▶ _Dataset excerpts_
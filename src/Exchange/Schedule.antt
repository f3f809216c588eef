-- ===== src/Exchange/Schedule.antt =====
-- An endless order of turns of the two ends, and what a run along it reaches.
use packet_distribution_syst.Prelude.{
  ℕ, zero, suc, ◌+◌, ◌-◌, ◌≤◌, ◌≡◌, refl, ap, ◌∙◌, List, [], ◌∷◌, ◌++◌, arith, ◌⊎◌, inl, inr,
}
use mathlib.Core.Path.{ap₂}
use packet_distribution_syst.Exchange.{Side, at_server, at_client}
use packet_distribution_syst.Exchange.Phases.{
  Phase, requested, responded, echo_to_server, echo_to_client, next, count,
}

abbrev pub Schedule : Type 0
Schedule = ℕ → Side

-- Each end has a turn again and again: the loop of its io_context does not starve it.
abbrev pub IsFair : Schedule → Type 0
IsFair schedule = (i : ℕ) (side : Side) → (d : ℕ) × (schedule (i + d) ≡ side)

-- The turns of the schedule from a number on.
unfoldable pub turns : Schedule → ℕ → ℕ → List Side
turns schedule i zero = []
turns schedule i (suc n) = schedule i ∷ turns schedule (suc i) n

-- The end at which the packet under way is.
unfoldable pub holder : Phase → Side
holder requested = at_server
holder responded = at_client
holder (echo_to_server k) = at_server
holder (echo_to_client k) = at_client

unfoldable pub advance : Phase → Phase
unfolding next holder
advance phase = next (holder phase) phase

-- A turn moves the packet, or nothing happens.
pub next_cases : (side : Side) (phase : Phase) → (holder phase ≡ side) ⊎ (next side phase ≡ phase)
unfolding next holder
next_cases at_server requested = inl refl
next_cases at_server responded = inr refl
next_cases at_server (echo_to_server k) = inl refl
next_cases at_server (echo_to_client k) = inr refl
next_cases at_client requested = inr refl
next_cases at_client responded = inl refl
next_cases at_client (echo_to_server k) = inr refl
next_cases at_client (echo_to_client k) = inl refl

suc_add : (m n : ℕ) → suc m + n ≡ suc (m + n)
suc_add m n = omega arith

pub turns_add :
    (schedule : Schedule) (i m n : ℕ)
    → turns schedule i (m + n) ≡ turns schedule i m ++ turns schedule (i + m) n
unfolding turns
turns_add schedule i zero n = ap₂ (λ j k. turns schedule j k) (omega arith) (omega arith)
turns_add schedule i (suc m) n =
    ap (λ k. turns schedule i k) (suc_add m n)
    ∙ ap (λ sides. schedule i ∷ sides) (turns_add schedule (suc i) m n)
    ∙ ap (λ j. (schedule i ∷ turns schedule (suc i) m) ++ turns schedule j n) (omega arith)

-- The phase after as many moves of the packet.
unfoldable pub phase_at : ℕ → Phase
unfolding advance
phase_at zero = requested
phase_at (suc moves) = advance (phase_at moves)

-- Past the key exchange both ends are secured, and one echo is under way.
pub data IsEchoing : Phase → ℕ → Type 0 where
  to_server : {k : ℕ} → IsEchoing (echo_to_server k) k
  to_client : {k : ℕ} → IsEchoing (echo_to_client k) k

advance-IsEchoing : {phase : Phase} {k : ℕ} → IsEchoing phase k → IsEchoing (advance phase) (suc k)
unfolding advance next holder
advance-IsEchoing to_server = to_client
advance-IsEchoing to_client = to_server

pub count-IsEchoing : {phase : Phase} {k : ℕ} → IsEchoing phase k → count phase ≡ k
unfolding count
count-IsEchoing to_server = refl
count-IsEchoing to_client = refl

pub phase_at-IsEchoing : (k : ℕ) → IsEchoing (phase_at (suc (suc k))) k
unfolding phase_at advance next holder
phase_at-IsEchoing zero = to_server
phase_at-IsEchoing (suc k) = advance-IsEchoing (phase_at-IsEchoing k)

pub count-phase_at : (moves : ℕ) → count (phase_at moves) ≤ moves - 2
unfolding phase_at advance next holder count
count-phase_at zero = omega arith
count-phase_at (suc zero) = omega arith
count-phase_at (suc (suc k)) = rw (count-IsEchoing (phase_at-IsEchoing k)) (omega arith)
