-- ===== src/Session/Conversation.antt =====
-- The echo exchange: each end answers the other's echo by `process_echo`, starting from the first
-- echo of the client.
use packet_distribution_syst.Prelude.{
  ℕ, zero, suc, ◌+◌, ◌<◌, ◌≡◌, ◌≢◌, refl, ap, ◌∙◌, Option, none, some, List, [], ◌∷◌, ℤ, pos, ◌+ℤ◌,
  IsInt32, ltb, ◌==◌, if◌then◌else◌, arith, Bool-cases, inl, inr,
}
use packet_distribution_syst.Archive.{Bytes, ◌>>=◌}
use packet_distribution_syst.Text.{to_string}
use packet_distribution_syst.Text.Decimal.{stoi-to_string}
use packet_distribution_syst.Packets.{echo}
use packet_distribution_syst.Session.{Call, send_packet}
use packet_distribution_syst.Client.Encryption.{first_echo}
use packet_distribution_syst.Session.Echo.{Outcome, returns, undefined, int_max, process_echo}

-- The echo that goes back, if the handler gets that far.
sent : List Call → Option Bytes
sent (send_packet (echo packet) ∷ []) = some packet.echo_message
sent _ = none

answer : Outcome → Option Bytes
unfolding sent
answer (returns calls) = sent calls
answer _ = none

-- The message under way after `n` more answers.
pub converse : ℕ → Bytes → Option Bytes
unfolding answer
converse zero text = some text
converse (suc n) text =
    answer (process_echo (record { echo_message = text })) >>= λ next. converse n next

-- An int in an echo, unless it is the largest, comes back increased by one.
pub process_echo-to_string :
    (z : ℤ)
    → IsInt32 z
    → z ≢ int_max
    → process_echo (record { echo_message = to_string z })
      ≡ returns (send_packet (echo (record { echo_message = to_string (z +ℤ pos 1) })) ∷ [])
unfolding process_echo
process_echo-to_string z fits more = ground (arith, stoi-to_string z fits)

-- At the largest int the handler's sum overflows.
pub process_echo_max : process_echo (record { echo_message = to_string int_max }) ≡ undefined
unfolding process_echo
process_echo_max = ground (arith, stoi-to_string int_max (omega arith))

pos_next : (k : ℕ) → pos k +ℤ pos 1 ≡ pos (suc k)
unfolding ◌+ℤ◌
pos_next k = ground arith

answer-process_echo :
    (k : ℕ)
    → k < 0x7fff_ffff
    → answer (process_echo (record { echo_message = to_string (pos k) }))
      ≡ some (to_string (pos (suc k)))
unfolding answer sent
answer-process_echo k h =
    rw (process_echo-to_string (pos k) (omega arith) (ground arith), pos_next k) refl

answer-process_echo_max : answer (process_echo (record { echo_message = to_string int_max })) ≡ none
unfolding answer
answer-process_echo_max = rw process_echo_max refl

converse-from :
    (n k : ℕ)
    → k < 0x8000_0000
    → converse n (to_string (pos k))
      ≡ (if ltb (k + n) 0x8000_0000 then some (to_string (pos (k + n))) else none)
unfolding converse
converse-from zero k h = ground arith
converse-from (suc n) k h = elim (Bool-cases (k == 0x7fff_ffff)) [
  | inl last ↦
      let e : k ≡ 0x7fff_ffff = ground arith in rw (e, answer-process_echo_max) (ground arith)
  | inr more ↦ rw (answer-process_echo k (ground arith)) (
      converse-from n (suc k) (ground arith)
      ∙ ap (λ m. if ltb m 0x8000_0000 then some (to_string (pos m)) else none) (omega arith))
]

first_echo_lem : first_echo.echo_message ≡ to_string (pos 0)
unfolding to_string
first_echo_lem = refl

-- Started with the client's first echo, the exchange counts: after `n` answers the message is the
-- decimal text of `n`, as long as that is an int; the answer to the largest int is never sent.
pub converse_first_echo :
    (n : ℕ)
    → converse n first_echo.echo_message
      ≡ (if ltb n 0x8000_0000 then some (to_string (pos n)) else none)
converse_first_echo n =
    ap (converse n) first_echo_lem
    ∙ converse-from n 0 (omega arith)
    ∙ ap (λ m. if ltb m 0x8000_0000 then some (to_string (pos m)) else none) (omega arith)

▶ _Work required_
Using the data above, print exactly the lines from the line that contains "abbrev pub IsFair : Schedule → Type 0" through the line that contains "holder (echo_to_server k) = at_server", with both included.

▶ _Answer for the task_
abbrev pub IsFair : Schedule → Type 0
IsFair schedule = (i : ℕ) (side : Side) → (d : ℕ) × (schedule (i + d) ≡ side)

-- The turns of the schedule from a number on.
unfoldable pub turns : Schedule → ℕ → ℕ → List Side
turns schedule i zero = []
turns schedule i (suc n) = schedule i ∷ turns schedule (suc i) n

-- The end at which the packet under way is.
unfoldable pub holder : Phase → Side
holder requested = at_server
holder responded = at_client
holder (echo_to_server k) = at_server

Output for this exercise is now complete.